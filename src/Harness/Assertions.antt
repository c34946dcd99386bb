-- ===== src/Harness/Assertions.antt =====
-- paw_kit/test/runner.py: `evaluate_assertion` and what it calls. A message of a failure is a `Reason`: which
-- of the source's texts it is, and what is printed in it.
use paw_toolkit.Prelude.{
  ℕ, String, List, [], ◌∷◌, Option, none, some, Bool, true, false, not, str_eq, str_len,
  if◌then◌else◌, ltb, is_some,
}
use text.Mathlib.Text.{find?}
use paw_toolkit.Jit.Outcome.{Result, ok, raised, Error, other, ◌>>=◌}
use paw_toolkit.Jit.Agreement.{ℤ, Value}
use paw_toolkit.Harness.Integers.{int_leb}
use paw_toolkit.Harness.Matching.{Calls, values_equivalent}
use paw_toolkit.Harness.Suite.{AssertionRule, is_abstain, refused}

-- How a search in the executor ends within the time given to it.
pub data Search : Type 0 where
  finished : Bool → Search
  timed_out : Search

-- What an assertion calls: the comparison's own calls, `int` and `str` of a rule's value, `re.search` in a
-- thread, and `str` of an exception.
pub record Checks (F : Type 0) : Type 0 where
  pub matching : Calls F
  pub to_int : Value F → Result ℤ
  pub to_str : Value F → String
  pub search : String → String → Result Search
  pub error_text : Error → String

pub data Reason : Type 0 where
  no_reason : Reason
  pattern_missing pattern_too_long output_too_long search_timed_out : Reason
  pattern_invalid : String → String → Reason
  pattern_unmatched : String → String → Reason
  value_not_integer : String → Reason
  length_exceeds length_below : ℕ → ℤ → Reason
  not_expected : String → String → Reason
  contains_forbidden : String → Reason
  unknown_rule : String → Reason
  execution_error : Reason
  expected_mismatch : String → String → Reason

abbrev pub searched : Search → Bool × Option Reason
searched (Search.finished matched) = (matched, none)
searched Search.timed_out = (false, some Reason.search_timed_out)

abbrev pub without_reason : String → String → Bool × Option Reason → Bool × Reason
without_reason pattern output (matched, some reason) = (false, reason)
without_reason pattern output (matched, none) = (matched, Reason.pattern_unmatched output pattern)

-- `except re.error`
abbrev pub pattern_checked :
    (Error → String) → String → String → Result (Bool × Option Reason) → Result (Bool × Reason)
pattern_checked error_text pattern output (ok found) = ok (without_reason pattern output found)
pattern_checked error_text pattern output (raised (other name)) =
    if str_eq name "error"
    then ok (false, Reason.pattern_invalid pattern (error_text (other name)))
    else raised (other name)
pattern_checked error_text pattern output (raised e) = raised e

-- `part in text`
abbrev pub has_part : String → String → Bool
has_part part text = is_some (find? text part)

module _ {F : Type 0} (checks : Checks F) where
  unfoldable pub regex_search_safe : String → String → Result (Bool × Option Reason)
  regex_search_safe pattern output =
      if ltb 1000 (str_len pattern)
      then ok (false, some Reason.pattern_too_long)
      else if ltb 10000 (str_len output)
      then ok (false, some Reason.output_too_long)
      else (checks.search pattern output >>= λ found. ok (searched found))

  abbrev pub check_pattern : Option String → String → Result (Bool × Reason)
  check_pattern none output = ok (false, Reason.pattern_missing)
  check_pattern (some pattern) output =
      if str_eq pattern ""
      then ok (false, Reason.pattern_missing)
      else pattern_checked checks.error_text pattern output (regex_search_safe pattern output)

  abbrev pub check_length : (ℤ → Bool × Reason) → Value F → Result (Bool × Reason)
  check_length check v =
      refused (checks.to_int v) (ok (false, Reason.value_not_integer (checks.to_str v)))
        λ n. ok (check n)

  -- The rules by their names; a name that is none of them fails.
  unfoldable pub check_rule : String → AssertionRule F → Result (Bool × Reason)
  unfolding regex_search_safe
  check_rule output r =
      if str_eq r.rule "regex_match"
      then check_pattern r.pattern output
      else if str_eq r.rule "max_length"
      then check_length
          (λ n. (int_leb (ℤ.pos (str_len output)) n, Reason.length_exceeds (str_len output) n))
          r.value
      else if str_eq r.rule "min_length"
      then check_length
          (λ n. (int_leb n (ℤ.pos (str_len output)), Reason.length_below (str_len output) n))
          r.value
      else if str_eq r.rule "exact_match"
      then (values_equivalent checks.matching output (checks.to_str r.value) >>= λ passed.
          ok (passed, Reason.not_expected output (checks.to_str r.value)))
      else if str_eq r.rule "not_contains"
      then ok (
        not (has_part (checks.to_str r.value) output),
        Reason.contains_forbidden (checks.to_str r.value),
      )
      else ok (false, Reason.unknown_rule r.rule)

  unfoldable pub evaluate_assertion :
      String → AssertionRule F → Option String → Result (Bool × Reason)
  unfolding check_rule
  evaluate_assertion output r abstain_value =
      if is_abstain abstain_value output then ok (true, Reason.no_reason) else check_rule output r

  -- The loop over the suite's assertions: the name and the reason of each that fails.
  unfoldable pub failed_rules :
      String → Option String → List (AssertionRule F) → Result (List (String × Reason))
  unfolding evaluate_assertion
  failed_rules output abstain_value [] = ok []
  failed_rules output abstain_value (r ∷ rules) = do
    verdict ← evaluate_assertion output r abstain_value
    rest ← failed_rules output abstain_value rules
    ok (if verdict.0 then rest else (r.rule, verdict.1) ∷ rest)
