-- ===== src/Harness/Runner.antt =====
-- paw_kit/test/runner.py: the run of a suite. The backend is a state and a function: what it answers may
-- depend on all that it was asked before. Times are left out.
pub mod Report
pub mod Keys
pub mod Balance
pub mod Loop
pub mod Verdicts
use paw_toolkit.Prelude.{
  ℕ, zero, suc, ◌+◌, String, List, [], ◌∷◌, ◌++◌, map, Option, none, some, Bool, true, false, ◌&&◌,
  ◌||◌, not, append, str_len, if◌then◌else◌, leb, length, is_some,
}
use paw_toolkit.Jit.Outcome.{Result, ok, raised, Error, ◌>>=◌}
use paw_toolkit.Harness.Texts.{prefix}
use paw_toolkit.Harness.Matching.{values_equivalent, values_equivalent_unquoted}
use paw_toolkit.Harness.Suite.{
  TestSuiteConfig, StandardTestCase, is_abstain, execution_error_placeholder,
}
use paw_toolkit.Harness.Fuzzer.{generate_detailed, FuzzGenerationResult}
use paw_toolkit.Harness.Assertions.{Checks, Reason, failed_rules}

unfoldable pub truncate_for_reason : String → String
unfolding prefix
truncate_for_reason s = if leb (str_len s) 120 then s else append (prefix 120 s) "..."

-- `backend.infer` on a path and an input.
pub record Backend (B : Type 0) : Type 0 where
  pub infer : B → String → String → Result String × B

pub record TestCaseResult : Type 0 where
  pub input : String
  pub output : String
  pub passed : Bool
  pub failed_rules : List (String × Reason)
  pub expected_match : Option Bool
  pub execution_error : Option String

-- What the loop counts and collects.
pub record Counts : Type 0 where
  pub passed_count : ℕ
  pub failed_count : ℕ
  pub errored_count : ℕ
  pub abstained_count : ℕ
  pub expected_total : ℕ
  pub expected_matched : ℕ
  pub expected_abstained : ℕ
  pub expected_errored : ℕ
  pub expected_matched_unquoted : ℕ
  pub results : List TestCaseResult

abbrev pub no_counts : Counts
no_counts = record {
  passed_count = 0;
  failed_count = 0;
  errored_count = 0;
  abstained_count = 0;
  expected_total = 0;
  expected_matched = 0;
  expected_abstained = 0;
  expected_errored = 0;
  expected_matched_unquoted = 0;
  results = [];
}

-- What becomes of a case's answer key: there is none, the backend raised, the adapter abstained, or it was
-- compared, strictly and unquoted.
pub data Grade : Type 0 where
  keyless key_errored key_abstained : Grade
  key_compared : Bool → Bool → Grade

abbrev pub output_of : Result String → String
output_of (ok out) = out
output_of (raised e) = execution_error_placeholder

abbrev pub error_of : (Error → String) → Result String → Option String
error_of error_text (ok out) = none
error_of error_text (raised e) = some (error_text e)

-- `int(b)`
abbrev pub one_if : Bool → ℕ
one_if true = 1
one_if false = 0

abbrev pub is_keyed : Grade → Bool
is_keyed Grade.keyless = false
is_keyed _ = true

abbrev pub is_key_errored : Grade → Bool
is_key_errored Grade.key_errored = true
is_key_errored _ = false

abbrev pub is_key_abstained : Grade → Bool
is_key_abstained Grade.key_abstained = true
is_key_abstained _ = false

abbrev pub matched : Grade → Option Bool
matched (Grade.key_compared strict unquoted) = some strict
matched _ = none

abbrev pub is_matched : Grade → Bool
is_matched (Grade.key_compared strict unquoted) = strict
is_matched _ = false

abbrev pub is_matched_unquoted : Grade → Bool
is_matched_unquoted (Grade.key_compared strict unquoted) = unquoted
is_matched_unquoted _ = false

-- The entry that a failed comparison adds to the failures.
abbrev pub key_failures : String → Option String → Grade → List (String × Reason)
key_failures out (some expected) (Grade.key_compared false unquoted) =
    ("expected", Reason.expected_mismatch (truncate_for_reason out) (truncate_for_reason expected))
    ∷ []
key_failures out expected grade = []

abbrev pub execution_failures : Bool → List (String × Reason)
execution_failures true = ("execution_error", Reason.execution_error) ∷ []
execution_failures false = []

abbrev pub no_failures : List (String × Reason) → Bool
no_failures [] = true
no_failures (f ∷ fs) = false

module _ {F : Type 0} (checks : Checks F) (config : TestSuiteConfig F) where
  abbrev pub compared : String → String → Result Grade
  compared out key = do
    strict ← values_equivalent checks.matching out key
    unquoted ← if strict then ok true else values_equivalent_unquoted checks.matching out key
    ok (Grade.key_compared strict unquoted)

  -- Errored beats abstained, and both beat the comparison.
  unfoldable pub grade_case : Bool → Bool → String → Option String → Result Grade
  grade_case errored abstained out none = ok Grade.keyless
  grade_case true abstained out (some key) = ok Grade.key_errored
  grade_case false true out (some key) = ok Grade.key_abstained
  grade_case false false out (some key) = compared out key

  -- The result of a case.
  abbrev pub result_of :
      String → Option String → Result String → List (String × Reason) → Grade → TestCaseResult
  result_of inp expected answer failures grade =
      let out = output_of answer in
      let errored = is_some (error_of checks.error_text answer) in
      let failed = execution_failures errored ++ (failures ++ key_failures out expected grade) in
      record {
        input = inp;
        output = out;
        passed = not errored && no_failures failed;
        failed_rules = failed;
        expected_match = matched grade;
        execution_error = error_of checks.error_text answer;
      }

  abbrev pub counted :
      Counts → String → Option String → Result String → List (String × Reason) → Grade → Counts
  counted c inp expected answer failures grade =
      let result = result_of inp expected answer failures grade in
      let errored = is_some (error_of checks.error_text answer) in
      let abstained = not errored && is_abstain config.abstain_value (output_of answer) in
      record {
        passed_count = c.passed_count + one_if result.passed;
        failed_count = c.failed_count + one_if (not result.passed);
        errored_count = c.errored_count + one_if errored;
        abstained_count = c.abstained_count + one_if abstained;
        expected_total = c.expected_total + one_if (is_keyed grade);
        expected_matched = c.expected_matched + one_if (is_matched grade);
        expected_abstained = c.expected_abstained + one_if (is_key_abstained grade);
        expected_errored = c.expected_errored + one_if (is_key_errored grade);
        expected_matched_unquoted =
            c.expected_matched_unquoted + one_if (is_matched_unquoted grade);
        results = c.results ++ (result ∷ []);
      }

  -- The body of the loop, on what the backend answered.
  unfoldable pub score_case : Counts → String → Option String → Result String → Result Counts
  unfolding failed_rules grade_case
  score_case c inp expected answer =
      let out = output_of answer in
      let errored = is_some (error_of checks.error_text answer) in
      let abstained = not errored && is_abstain config.abstain_value out in
      do
        failures ← failed_rules checks out config.abstain_value config.assertions
        grade ← grade_case errored abstained out expected
        ok (counted c inp expected answer failures grade)

  module _ {B : Type 0} (backend : Backend B) where
    abbrev pub continue_with : Result Counts → B → (Counts → Result Counts × B) → Result Counts × B
    continue_with (ok c) s f = f c
    continue_with (raised e) s f = (raised e, s)

    unfoldable pub run_cases : List (String × Option String) → Counts → B → Result Counts × B
    unfolding score_case
    run_cases [] c s = (ok c, s)
    run_cases ((inp, expected) ∷ cases) c s =
        let answered = backend.infer s config.adapter_path inp in
        continue_with (score_case c inp expected answered.0) answered.1
          λ c'. run_cases cases c' answered.1

abbrev pub seed_inputs : List StandardTestCase → List String
seed_inputs [] = []
seed_inputs (c ∷ cs) = c.input ∷ seed_inputs cs

abbrev pub standard : List StandardTestCase → List (String × Option String)
standard [] = []
standard (c ∷ cs) = (c.input, c.expected) ∷ standard cs

-- Fuzz cases carry no answer key.
abbrev pub keyless_cases : List String → List (String × Option String)
keyless_cases [] = []
keyless_cases (s ∷ ss) = (s, none) ∷ keyless_cases ss

-- `zip(inputs_to_test, expected_values)`
abbrev pub cases_of : {F : Type 0} → TestSuiteConfig F → List (String × Option String)
cases_of config =
    standard config.standard_cases
    ++ keyless_cases (generate_detailed config.fuzzing (seed_inputs config.standard_cases)).cases
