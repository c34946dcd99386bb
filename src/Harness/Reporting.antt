-- ===== src/Harness/Reporting.antt =====
-- paw_kit/test/reporting.py. A percentage is what the parameter `percent` makes of a numerator and a
-- denominator, and `zero_percent` where nothing was scored.
use paw_toolkit.Prelude.{String, List, [], ◌∷◌, Bool, true, false, not, if◌then◌else◌, filter}
use paw_toolkit.Jit.Outcome.{Result, ok, raised, value_error}
use paw_toolkit.Jit.Agreement.{ℤ, int_eq}
use paw_toolkit.Harness.Integers.{int_leb, int_ltb}

-- A named exclusion and its count.
abbrev pub Exclusions : Type 0
Exclusions = List (String × ℤ)

-- `if count`
abbrev pub is_counted : String × ℤ → Bool
is_counted (name, n) = not (int_eq n (ℤ.pos 0))

abbrev pub ordered_exclusions : Exclusions → Exclusions
ordered_exclusions excluded = filter is_counted excluded

-- The clauses of `denominator_note`, with what each of them prints.
pub data Note : Type 0 where
  nothing_to_score : Note
  none_scored : ℤ → Exclusions → Note
  all_scored : ℤ → Note
  some_scored : ℤ → ℤ → Exclusions → Note

abbrev pub note_without : ℤ → ℤ → Note
note_without scored total =
    if int_eq scored total then Note.all_scored total else Note.some_scored scored total []

abbrev pub scored_note : ℤ → ℤ → Exclusions → Note
scored_note scored total [] = note_without scored total
scored_note scored total (x ∷ xs) = Note.some_scored scored total (x ∷ xs)

unfoldable pub denominator_note : ℤ → ℤ → Exclusions → Note
denominator_note scored total excluded =
    if int_leb total (ℤ.pos 0)
    then Note.nothing_to_score
    else let parts = ordered_exclusions excluded in
      if int_leb scored (ℤ.pos 0)
      then Note.none_scored total parts
      else scored_note scored total parts

pub record ScoredRate : Type 0 where
  pub label : String
  pub total : ℤ
  pub scored : ℤ
  pub excluded : Exclusions

unfoldable pub rate {ℓ} : {R : Type ℓ} → (ℤ → ℤ → R) → R → ScoredRate → ℤ → Result R
rate percent zero_percent r numerator =
    if int_ltb numerator (ℤ.pos 0)
    then raised value_error
    else if int_ltb r.scored numerator
    then raised value_error
    else if int_ltb (ℤ.pos 0) r.scored
    then ok (percent numerator r.scored)
    else ok zero_percent

abbrev pub any_negative : Exclusions → Bool
any_negative [] = false
any_negative ((name, n) ∷ excluded) = if int_ltb n (ℤ.pos 0) then true else any_negative excluded

unfoldable pub scored_denominator : ℤ → ℤ → Exclusions → String → Result ScoredRate
scored_denominator total scored excluded label =
    if int_ltb total (ℤ.pos 0)
    then raised value_error
    else if int_ltb scored (ℤ.pos 0)
    then raised value_error
    else if int_ltb total scored
    then raised value_error
    else if any_negative excluded
    then raised value_error
    else ok (record { label = label; total = total; scored = scored; excluded = excluded })
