-- ===== src/Harness/Runner/Report.antt =====
-- paw_kit/test/runner.py: the report of a run.
use paw_toolkit.Prelude.{
  ℕ, ◌+◌, ◌-◌, String, List, [], ◌∷◌, Bool, ◌&&◌, length, ltb, ◌==◌, if◌then◌else◌,
}
use paw_toolkit.Jit.Outcome.{Result, ok, raised, ◌>>=◌}
use paw_toolkit.Jit.Agreement.{ℤ}
use paw_toolkit.Harness.Integers.{minus}
use paw_toolkit.Harness.Suite.{TestSuiteConfig}
use paw_toolkit.Harness.Fuzzer.{generate_detailed}
use paw_toolkit.Harness.Assertions.{Checks, Reason}
use paw_toolkit.Harness.Reporting.{ScoredRate, scored_denominator, rate}
use paw_toolkit.Harness.Runner.{
  Counts, TestCaseResult, Backend, no_counts, run_cases, cases_of, seed_inputs,
}

pub record TestRunReport : Type 0 where
  pub task_name : String
  pub adapter_path : String
  pub total_cases : ℕ
  pub passed_cases : ℕ
  pub failed_cases : ℕ
  pub errored_cases : ℕ
  pub abstained_cases : ℕ
  pub standard_cases_count : ℕ
  pub fuzz_cases_dropped : ℕ
  pub expected_total : ℕ
  pub expected_matched : ℕ
  pub expected_abstained : ℕ
  pub expected_errored : ℕ
  pub expected_matched_unquoted : ℕ
  pub results : List TestCaseResult

abbrev pub report_of : {F : Type 0} → TestSuiteConfig F → Counts → TestRunReport
report_of config c = record {
  task_name = config.task_name;
  adapter_path = config.adapter_path;
  total_cases = length c.results;
  passed_cases = c.passed_count;
  failed_cases = c.failed_count;
  errored_cases = c.errored_count;
  abstained_cases = c.abstained_count;
  standard_cases_count = length config.standard_cases;
  fuzz_cases_dropped =
      (generate_detailed config.fuzzing (seed_inputs config.standard_cases)).dropped_count;
  expected_total = c.expected_total;
  expected_matched = c.expected_matched;
  expected_abstained = c.expected_abstained;
  expected_errored = c.expected_errored;
  expected_matched_unquoted = c.expected_matched_unquoted;
  results = c.results;
}

abbrev pub reported : {F : Type 0} → TestSuiteConfig F → Result Counts → Result TestRunReport
reported config (ok c) = ok (report_of config c)
reported config (raised e) = raised e

-- `TestRunner.run`
unfoldable pub run :
    {F B : Type 0} → Checks F → Backend B → TestSuiteConfig F → B → Result TestRunReport × B
unfolding run_cases
run checks backend config s =
    let done = run_cases checks config backend (cases_of config) no_counts s in
    (reported config done.0, done.1)

abbrev pub is_success : TestRunReport → Bool
is_success r = (r.failed_cases == 0) && ((r.errored_cases == 0) && ltb 0 r.total_cases)

abbrev pub expected_scored : TestRunReport → ℤ
expected_scored r = minus r.expected_total (r.expected_abstained + r.expected_errored)

unfoldable pub pass_denominator : TestRunReport → Result ScoredRate
unfolding scored_denominator
pass_denominator r = scored_denominator (ℤ.pos r.total_cases) (ℤ.pos r.total_cases) [] "pass"

unfoldable pub expected_denominator : TestRunReport → Result ScoredRate
unfolding scored_denominator
expected_denominator r =
    scored_denominator (ℤ.pos r.expected_total) (expected_scored r)
      (("abstained", ℤ.pos r.expected_abstained) ∷ ("errored", ℤ.pos r.expected_errored) ∷ [])
      "correct against expected"

-- `passed_cases / total_cases * 100.0`, or `0.0`
abbrev pub pass_rate : {R : Type 0} → (ℤ → ℤ → R) → R → TestRunReport → R
pass_rate percent zero_percent r =
    if ltb 0 r.total_cases
    then percent (ℤ.pos r.passed_cases) (ℤ.pos r.total_cases)
    else zero_percent

unfoldable pub expected_match_rate : {R : Type 0} → (ℤ → ℤ → R) → R → TestRunReport → Result R
unfolding rate expected_denominator
expected_match_rate percent zero_percent r =
    expected_denominator r >>= λ d. rate percent zero_percent d (ℤ.pos r.expected_matched)

unfoldable pub expected_match_rate_unquoted :
    {R : Type 0} → (ℤ → ℤ → R) → R → TestRunReport → Result R
unfolding rate expected_denominator
expected_match_rate_unquoted percent zero_percent r =
    expected_denominator r >>= λ d. rate percent zero_percent d (ℤ.pos r.expected_matched_unquoted)

-- `max(0, standard_cases_count - expected_total)`
abbrev pub expected_keyless_standard_cases : TestRunReport → ℕ
expected_keyless_standard_cases r = r.standard_cases_count - r.expected_total

abbrev pub failing_of : List TestCaseResult → List (String × String × List (String × Reason))
failing_of [] = []
failing_of (r ∷ rs) =
    if r.passed then failing_of rs else (r.input, r.output, r.failed_rules) ∷ failing_of rs

unfoldable pub get_failing_inputs : TestRunReport → List (String × String × List (String × Reason))
get_failing_inputs r = failing_of r.results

——

* [Task goal] Everything above from the line containing "r.expected_errored) ∷ [])" down to the line containing "expected_keyless_standard_cases r = r.standard_cases_count" is to be transcribed exactly, with both of those lines included and nothing else added.

* [Finished task]
      (("abstained", ℤ.pos r.expected_abstained) ∷ ("errored", ℤ.pos r.expected_errored) ∷ [])
      "correct against expected"

-- `passed_cases / total_cases * 100.0`, or `0.0`
abbrev pub pass_rate : {R : Type 0} → (ℤ → ℤ → R) → R → TestRunReport → R
pass_rate percent zero_percent r =
    if ltb 0 r.total_cases
    then percent (ℤ.pos r.passed_cases) (ℤ.pos r.total_cases)
    else zero_percent

unfoldable pub expected_match_rate : {R : Type 0} → (ℤ → ℤ → R) → R → TestRunReport → Result R
unfolding rate expected_denominator
expected_match_rate percent zero_percent r =
    expected_denominator r >>= λ d. rate percent zero_percent d (ℤ.pos r.expected_matched)

unfoldable pub expected_match_rate_unquoted :
    {R : Type 0} → (ℤ → ℤ → R) → R → TestRunReport → Result R
unfolding rate expected_denominator
expected_match_rate_unquoted percent zero_percent r =
    expected_denominator r >>= λ d. rate percent zero_percent d (ℤ.pos r.expected_matched_unquoted)

-- `max(0, standard_cases_count - expected_total)`
abbrev pub expected_keyless_standard_cases : TestRunReport → ℕ
expected_keyless_standard_cases r = r.standard_cases_count - r.expected_total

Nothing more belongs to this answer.